• [Task item]
Below are the entries. Transcribe exactly the lines from the one with "Fresh last (j ∷ r) = is_last last j ≡ false" through the one with "steps_merge k [] []", ends included, and leave out all others.

Segment Start: Input material

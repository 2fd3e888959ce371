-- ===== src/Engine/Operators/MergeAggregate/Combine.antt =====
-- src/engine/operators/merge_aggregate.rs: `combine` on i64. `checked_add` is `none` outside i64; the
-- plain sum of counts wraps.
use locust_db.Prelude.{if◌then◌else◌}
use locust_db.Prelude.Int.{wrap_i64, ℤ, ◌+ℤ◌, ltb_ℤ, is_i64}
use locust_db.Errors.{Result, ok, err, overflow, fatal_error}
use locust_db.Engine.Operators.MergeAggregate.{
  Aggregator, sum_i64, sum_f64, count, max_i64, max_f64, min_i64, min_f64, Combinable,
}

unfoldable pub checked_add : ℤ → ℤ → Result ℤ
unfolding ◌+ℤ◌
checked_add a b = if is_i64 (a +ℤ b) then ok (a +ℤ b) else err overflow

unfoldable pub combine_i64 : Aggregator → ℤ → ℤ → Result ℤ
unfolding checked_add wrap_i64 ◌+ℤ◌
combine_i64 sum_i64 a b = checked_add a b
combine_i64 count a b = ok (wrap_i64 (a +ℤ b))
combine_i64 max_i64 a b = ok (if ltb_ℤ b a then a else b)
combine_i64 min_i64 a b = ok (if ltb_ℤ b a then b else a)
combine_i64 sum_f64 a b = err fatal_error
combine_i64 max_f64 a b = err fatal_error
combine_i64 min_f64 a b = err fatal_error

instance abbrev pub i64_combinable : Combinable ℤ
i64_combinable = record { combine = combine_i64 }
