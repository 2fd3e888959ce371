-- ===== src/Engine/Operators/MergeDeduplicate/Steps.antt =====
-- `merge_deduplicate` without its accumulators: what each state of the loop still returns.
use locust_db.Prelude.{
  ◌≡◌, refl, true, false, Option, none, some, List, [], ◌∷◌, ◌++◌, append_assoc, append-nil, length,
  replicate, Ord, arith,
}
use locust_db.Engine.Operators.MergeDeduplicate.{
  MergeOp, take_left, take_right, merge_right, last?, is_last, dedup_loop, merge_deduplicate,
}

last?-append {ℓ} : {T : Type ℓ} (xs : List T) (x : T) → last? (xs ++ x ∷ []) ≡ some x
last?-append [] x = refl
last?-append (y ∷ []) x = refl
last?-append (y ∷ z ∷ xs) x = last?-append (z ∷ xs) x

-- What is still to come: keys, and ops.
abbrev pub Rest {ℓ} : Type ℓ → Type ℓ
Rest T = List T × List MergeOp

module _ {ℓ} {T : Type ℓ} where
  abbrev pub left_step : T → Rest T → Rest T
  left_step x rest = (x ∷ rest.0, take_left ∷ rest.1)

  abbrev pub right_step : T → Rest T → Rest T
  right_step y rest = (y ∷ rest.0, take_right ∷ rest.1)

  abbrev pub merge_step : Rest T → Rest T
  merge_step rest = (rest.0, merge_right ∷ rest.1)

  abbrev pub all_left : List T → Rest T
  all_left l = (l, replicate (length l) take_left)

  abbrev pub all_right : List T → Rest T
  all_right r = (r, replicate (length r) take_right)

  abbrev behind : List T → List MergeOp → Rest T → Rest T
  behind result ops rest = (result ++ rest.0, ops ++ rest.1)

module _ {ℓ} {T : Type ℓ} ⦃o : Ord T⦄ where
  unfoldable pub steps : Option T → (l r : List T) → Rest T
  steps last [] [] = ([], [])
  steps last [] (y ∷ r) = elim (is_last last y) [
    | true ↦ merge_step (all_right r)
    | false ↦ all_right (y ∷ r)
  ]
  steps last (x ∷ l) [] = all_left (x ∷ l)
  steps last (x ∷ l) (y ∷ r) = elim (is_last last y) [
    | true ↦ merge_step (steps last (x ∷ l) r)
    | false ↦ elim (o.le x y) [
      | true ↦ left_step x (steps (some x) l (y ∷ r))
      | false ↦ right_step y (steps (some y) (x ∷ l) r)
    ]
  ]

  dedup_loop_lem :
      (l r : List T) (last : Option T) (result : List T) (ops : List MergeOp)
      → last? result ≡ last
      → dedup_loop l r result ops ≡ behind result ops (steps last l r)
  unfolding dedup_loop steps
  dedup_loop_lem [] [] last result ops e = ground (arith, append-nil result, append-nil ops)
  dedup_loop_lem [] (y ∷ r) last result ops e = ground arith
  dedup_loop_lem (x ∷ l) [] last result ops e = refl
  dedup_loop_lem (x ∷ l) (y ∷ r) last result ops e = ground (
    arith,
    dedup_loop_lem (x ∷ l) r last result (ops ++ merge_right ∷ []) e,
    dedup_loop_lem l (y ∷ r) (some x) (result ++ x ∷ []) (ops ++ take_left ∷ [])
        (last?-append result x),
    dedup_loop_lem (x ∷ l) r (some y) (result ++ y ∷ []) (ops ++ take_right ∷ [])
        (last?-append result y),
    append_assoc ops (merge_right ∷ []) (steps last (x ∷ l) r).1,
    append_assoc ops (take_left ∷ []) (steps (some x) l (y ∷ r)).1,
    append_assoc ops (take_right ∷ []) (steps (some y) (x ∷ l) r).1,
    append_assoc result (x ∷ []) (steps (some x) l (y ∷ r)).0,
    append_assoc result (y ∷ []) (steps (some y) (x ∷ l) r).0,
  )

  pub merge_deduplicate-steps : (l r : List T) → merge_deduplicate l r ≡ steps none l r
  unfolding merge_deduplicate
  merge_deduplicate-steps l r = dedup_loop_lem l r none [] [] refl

Segment End: Input material
Segment Start: Input material

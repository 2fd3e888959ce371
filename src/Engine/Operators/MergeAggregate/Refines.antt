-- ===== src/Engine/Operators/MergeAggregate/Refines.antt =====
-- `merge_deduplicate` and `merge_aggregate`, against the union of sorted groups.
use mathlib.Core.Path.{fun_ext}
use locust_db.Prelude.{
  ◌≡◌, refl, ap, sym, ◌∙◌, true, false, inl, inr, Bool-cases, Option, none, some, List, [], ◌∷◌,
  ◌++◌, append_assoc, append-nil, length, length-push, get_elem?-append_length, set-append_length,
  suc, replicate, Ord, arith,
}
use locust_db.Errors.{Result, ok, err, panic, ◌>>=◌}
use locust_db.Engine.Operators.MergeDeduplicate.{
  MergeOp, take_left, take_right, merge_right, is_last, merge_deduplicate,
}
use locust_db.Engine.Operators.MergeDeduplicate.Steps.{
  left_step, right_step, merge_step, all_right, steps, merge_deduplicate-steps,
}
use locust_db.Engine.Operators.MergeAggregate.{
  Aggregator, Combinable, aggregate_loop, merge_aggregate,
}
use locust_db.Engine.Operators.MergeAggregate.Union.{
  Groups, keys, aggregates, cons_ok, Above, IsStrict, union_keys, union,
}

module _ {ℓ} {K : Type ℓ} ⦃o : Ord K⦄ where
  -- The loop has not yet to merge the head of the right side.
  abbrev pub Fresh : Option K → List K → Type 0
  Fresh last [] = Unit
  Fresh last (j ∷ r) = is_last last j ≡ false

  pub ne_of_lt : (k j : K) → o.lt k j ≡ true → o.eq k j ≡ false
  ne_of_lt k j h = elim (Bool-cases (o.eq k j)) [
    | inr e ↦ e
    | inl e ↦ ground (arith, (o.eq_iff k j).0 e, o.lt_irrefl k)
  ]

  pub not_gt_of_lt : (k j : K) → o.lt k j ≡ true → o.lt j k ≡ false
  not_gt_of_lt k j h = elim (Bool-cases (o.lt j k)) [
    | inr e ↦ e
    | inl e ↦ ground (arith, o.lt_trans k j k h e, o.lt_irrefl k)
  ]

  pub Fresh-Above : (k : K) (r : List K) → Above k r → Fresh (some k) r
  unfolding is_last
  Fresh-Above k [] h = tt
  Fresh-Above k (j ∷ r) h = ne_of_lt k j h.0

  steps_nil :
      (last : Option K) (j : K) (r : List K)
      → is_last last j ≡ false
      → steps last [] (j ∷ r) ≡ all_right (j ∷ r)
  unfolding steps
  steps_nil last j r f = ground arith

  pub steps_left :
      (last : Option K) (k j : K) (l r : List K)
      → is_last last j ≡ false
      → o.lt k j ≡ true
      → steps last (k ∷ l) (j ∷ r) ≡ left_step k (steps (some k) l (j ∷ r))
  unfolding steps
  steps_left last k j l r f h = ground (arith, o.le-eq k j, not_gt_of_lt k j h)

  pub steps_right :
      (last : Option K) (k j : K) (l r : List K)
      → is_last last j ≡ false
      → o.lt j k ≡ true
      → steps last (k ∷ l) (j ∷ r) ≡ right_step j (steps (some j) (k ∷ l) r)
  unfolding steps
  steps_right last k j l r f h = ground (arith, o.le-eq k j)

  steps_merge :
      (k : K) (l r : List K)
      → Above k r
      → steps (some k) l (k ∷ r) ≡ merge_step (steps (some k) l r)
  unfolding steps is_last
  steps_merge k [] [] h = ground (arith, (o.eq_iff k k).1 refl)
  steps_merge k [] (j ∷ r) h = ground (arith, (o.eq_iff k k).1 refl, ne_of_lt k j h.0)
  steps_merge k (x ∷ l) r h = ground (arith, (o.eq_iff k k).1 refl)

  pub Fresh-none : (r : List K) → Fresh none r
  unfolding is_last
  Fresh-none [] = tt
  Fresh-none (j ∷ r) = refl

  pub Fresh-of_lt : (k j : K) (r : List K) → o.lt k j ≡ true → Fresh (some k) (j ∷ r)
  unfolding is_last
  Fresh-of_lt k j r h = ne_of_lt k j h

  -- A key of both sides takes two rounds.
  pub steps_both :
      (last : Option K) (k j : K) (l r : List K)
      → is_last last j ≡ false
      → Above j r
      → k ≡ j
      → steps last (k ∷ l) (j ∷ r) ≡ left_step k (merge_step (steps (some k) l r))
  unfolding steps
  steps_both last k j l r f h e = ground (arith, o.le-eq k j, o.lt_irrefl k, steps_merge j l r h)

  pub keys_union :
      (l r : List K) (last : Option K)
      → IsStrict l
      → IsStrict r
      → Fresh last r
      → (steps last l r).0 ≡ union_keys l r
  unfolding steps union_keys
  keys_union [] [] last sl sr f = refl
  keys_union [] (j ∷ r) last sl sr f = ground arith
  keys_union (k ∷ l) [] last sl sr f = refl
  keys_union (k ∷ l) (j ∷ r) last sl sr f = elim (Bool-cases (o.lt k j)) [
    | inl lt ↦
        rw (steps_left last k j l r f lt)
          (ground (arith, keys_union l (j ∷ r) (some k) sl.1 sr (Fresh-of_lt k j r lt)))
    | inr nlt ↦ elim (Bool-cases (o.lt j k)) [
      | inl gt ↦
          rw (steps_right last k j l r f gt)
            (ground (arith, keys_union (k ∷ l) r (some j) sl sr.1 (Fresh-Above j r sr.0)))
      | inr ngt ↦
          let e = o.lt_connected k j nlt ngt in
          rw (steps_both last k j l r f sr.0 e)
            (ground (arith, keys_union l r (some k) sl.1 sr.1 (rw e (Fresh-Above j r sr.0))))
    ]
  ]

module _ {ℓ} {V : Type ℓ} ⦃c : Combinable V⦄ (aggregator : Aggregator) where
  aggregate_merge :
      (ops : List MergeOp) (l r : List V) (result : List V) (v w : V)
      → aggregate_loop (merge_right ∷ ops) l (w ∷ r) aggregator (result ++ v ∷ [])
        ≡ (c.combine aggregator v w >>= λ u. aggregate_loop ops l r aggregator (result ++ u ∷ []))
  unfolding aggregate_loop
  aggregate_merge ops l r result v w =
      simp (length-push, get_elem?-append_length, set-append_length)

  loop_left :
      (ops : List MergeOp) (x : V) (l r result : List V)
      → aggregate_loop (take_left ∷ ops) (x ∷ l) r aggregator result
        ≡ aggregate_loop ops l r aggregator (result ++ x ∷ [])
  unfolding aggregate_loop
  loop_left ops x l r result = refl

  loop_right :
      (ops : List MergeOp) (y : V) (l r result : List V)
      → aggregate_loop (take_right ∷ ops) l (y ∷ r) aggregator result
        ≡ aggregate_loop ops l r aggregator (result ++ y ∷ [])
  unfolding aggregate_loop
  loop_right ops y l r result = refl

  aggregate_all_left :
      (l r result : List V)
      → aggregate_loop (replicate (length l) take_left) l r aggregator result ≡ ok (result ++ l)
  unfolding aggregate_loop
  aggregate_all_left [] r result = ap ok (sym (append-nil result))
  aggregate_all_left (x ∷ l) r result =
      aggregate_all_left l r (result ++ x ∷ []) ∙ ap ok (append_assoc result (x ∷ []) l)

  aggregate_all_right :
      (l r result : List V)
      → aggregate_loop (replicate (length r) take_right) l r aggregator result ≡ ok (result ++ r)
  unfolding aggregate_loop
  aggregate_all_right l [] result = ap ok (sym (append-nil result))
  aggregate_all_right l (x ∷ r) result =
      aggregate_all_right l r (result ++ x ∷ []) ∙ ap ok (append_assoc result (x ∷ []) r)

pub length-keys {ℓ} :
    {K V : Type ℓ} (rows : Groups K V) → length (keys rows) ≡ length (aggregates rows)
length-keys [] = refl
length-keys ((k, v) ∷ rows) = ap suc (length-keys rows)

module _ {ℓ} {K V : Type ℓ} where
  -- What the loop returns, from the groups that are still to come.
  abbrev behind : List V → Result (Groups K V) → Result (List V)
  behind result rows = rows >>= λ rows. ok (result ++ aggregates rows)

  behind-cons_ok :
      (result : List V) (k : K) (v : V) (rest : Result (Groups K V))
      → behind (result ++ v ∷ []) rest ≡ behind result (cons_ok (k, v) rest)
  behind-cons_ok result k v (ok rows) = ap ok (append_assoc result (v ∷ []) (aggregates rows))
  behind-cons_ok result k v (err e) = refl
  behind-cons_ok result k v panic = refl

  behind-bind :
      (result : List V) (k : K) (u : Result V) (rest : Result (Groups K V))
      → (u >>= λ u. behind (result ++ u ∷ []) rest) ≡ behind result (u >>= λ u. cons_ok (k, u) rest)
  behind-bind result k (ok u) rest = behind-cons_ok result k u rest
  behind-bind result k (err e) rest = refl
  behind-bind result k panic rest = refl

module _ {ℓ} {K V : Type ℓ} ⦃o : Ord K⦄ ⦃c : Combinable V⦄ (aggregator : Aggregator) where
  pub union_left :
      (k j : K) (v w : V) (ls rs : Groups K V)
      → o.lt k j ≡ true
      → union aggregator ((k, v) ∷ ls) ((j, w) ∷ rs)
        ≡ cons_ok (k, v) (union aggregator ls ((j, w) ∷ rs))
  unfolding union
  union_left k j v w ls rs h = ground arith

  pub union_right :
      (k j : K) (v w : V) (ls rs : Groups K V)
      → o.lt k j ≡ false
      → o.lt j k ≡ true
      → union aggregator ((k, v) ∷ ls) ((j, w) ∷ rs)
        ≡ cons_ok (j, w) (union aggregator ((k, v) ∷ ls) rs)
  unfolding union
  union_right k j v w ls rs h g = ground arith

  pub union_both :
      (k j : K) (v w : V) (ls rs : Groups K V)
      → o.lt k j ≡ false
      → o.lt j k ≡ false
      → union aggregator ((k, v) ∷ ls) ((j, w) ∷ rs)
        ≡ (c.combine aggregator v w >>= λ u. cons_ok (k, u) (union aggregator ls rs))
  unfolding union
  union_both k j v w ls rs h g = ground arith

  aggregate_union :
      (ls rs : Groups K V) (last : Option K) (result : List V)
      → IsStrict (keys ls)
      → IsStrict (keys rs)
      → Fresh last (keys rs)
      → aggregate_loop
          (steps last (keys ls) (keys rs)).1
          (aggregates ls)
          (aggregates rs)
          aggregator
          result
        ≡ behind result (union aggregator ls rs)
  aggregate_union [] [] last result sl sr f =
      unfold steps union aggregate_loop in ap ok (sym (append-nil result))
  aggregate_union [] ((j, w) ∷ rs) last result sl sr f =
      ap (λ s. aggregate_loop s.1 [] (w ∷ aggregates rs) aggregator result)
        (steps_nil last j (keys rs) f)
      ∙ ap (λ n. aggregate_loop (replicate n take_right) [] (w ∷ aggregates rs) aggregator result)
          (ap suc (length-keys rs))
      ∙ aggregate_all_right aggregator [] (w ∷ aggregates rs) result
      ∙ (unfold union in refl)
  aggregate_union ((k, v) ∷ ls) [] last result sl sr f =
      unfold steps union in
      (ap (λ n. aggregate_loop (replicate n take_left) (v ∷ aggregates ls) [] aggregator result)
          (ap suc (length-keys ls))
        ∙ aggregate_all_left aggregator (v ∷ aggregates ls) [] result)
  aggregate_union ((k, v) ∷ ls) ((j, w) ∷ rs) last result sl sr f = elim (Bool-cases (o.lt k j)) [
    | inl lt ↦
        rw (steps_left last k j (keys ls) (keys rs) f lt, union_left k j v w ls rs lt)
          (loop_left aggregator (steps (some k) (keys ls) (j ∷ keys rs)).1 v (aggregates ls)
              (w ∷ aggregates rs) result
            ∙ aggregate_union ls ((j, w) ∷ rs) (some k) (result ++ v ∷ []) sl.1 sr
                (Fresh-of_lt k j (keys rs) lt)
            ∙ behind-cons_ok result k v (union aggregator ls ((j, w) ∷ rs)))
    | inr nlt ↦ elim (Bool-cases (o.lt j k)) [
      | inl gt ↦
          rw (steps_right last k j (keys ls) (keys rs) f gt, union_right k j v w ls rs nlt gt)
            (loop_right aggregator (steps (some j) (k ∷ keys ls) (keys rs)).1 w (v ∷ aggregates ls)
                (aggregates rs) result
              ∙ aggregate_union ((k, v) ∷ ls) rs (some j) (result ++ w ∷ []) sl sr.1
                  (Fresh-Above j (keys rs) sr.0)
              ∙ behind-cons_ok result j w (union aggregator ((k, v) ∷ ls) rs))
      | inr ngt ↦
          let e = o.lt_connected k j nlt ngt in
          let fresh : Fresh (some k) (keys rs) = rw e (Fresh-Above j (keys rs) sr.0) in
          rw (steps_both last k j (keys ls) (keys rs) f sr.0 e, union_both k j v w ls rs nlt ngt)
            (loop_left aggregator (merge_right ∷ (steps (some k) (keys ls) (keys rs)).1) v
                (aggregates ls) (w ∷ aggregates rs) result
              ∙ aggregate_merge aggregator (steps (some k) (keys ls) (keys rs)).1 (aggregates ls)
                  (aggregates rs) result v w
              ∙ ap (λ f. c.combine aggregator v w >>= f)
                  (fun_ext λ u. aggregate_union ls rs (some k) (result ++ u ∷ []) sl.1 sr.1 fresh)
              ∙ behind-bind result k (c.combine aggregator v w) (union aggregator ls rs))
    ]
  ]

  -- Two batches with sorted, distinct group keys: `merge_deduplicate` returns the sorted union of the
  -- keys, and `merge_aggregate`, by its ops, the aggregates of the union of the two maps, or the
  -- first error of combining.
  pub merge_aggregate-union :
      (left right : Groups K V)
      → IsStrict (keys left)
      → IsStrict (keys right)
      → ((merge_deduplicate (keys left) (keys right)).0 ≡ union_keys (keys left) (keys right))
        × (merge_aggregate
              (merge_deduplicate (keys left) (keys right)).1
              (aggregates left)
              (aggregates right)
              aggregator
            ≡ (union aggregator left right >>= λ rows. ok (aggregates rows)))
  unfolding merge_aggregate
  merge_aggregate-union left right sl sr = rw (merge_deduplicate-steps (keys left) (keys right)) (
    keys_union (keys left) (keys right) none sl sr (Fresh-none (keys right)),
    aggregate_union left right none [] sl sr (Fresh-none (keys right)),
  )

Segment End: Input material

• [Output of the exercise]
  Fresh last (j ∷ r) = is_last last j ≡ false

  pub ne_of_lt : (k j : K) → o.lt k j ≡ true → o.eq k j ≡ false
  ne_of_lt k j h = elim (Bool-cases (o.eq k j)) [
    | inr e ↦ e
    | inl e ↦ ground (arith, (o.eq_iff k j).0 e, o.lt_irrefl k)
  ]

  pub not_gt_of_lt : (k j : K) → o.lt k j ≡ true → o.lt j k ≡ false
  not_gt_of_lt k j h = elim (Bool-cases (o.lt j k)) [
    | inr e ↦ e
    | inl e ↦ ground (arith, o.lt_trans k j k h e, o.lt_irrefl k)
  ]

  pub Fresh-Above : (k : K) (r : List K) → Above k r → Fresh (some k) r
  unfolding is_last
  Fresh-Above k [] h = tt
  Fresh-Above k (j ∷ r) h = ne_of_lt k j h.0

  steps_nil :
      (last : Option K) (j : K) (r : List K)
      → is_last last j ≡ false
      → steps last [] (j ∷ r) ≡ all_right (j ∷ r)
  unfolding steps
  steps_nil last j r f = ground arith

  pub steps_left :
      (last : Option K) (k j : K) (l r : List K)
      → is_last last j ≡ false
      → o.lt k j ≡ true
      → steps last (k ∷ l) (j ∷ r) ≡ left_step k (steps (some k) l (j ∷ r))
  unfolding steps
  steps_left last k j l r f h = ground (arith, o.le-eq k j, not_gt_of_lt k j h)

  pub steps_right :
      (last : Option K) (k j : K) (l r : List K)
      → is_last last j ≡ false
      → o.lt j k ≡ true
      → steps last (k ∷ l) (j ∷ r) ≡ right_step j (steps (some j) (k ∷ l) r)
  unfolding steps
  steps_right last k j l r f h = ground (arith, o.le-eq k j)

  steps_merge :
      (k : K) (l r : List K)
      → Above k r
      → steps (some k) l (k ∷ r) ≡ merge_step (steps (some k) l r)
  unfolding steps is_last
  steps_merge k [] [] h = ground (arith, (o.eq_iff k k).1 refl)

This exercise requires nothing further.